# What the task requires:
Please copy out every line of the listing below in which the word "Mirrors" appears.

──────── Source material ────────

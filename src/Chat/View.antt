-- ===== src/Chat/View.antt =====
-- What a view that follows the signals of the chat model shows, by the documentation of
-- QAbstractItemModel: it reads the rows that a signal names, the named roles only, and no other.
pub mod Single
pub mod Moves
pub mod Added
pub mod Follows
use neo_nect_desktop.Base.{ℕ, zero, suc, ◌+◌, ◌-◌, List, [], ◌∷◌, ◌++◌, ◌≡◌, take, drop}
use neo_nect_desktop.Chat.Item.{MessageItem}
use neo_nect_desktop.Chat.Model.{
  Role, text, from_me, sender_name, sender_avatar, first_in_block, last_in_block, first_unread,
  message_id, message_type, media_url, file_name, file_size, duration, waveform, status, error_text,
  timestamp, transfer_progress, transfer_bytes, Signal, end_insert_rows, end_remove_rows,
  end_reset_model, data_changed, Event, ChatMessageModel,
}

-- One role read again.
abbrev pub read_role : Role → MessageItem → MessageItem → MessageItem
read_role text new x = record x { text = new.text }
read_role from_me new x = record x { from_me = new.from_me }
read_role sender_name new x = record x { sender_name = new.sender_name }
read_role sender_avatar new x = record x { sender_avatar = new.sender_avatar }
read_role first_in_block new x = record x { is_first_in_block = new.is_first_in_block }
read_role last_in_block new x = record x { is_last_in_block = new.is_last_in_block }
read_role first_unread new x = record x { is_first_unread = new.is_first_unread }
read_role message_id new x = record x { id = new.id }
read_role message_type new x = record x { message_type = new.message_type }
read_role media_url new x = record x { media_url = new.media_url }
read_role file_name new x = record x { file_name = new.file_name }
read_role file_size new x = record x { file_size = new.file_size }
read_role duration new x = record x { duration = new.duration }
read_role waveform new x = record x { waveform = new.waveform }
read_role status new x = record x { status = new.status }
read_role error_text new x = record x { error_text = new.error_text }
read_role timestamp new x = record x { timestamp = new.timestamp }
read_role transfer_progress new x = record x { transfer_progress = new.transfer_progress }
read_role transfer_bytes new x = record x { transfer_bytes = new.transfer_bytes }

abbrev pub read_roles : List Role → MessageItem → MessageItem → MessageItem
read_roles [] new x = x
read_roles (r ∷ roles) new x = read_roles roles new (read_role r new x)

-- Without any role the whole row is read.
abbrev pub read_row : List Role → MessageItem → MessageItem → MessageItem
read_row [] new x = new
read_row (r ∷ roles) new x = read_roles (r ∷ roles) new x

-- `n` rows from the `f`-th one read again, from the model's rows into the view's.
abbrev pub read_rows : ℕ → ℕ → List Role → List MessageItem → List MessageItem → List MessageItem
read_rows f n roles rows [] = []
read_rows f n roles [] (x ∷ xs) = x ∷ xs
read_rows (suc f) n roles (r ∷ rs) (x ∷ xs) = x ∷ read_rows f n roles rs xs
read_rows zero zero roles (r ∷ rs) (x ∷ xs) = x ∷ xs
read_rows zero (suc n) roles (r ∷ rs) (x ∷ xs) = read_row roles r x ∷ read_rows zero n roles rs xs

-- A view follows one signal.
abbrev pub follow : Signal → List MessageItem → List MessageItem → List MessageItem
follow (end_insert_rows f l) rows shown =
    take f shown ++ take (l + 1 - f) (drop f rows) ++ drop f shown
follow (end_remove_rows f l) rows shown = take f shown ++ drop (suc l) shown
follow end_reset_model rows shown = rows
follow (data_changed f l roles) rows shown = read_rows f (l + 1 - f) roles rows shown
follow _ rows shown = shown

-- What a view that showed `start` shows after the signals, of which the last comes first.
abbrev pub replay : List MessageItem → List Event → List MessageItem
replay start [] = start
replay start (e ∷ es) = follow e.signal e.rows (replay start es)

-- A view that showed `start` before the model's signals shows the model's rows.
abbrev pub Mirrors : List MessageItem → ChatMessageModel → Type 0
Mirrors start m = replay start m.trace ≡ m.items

────────

# Solution to the exercise:
abbrev pub Mirrors : List MessageItem → ChatMessageModel → Type 0
Mirrors start m = replay start m.trace ≡ m.items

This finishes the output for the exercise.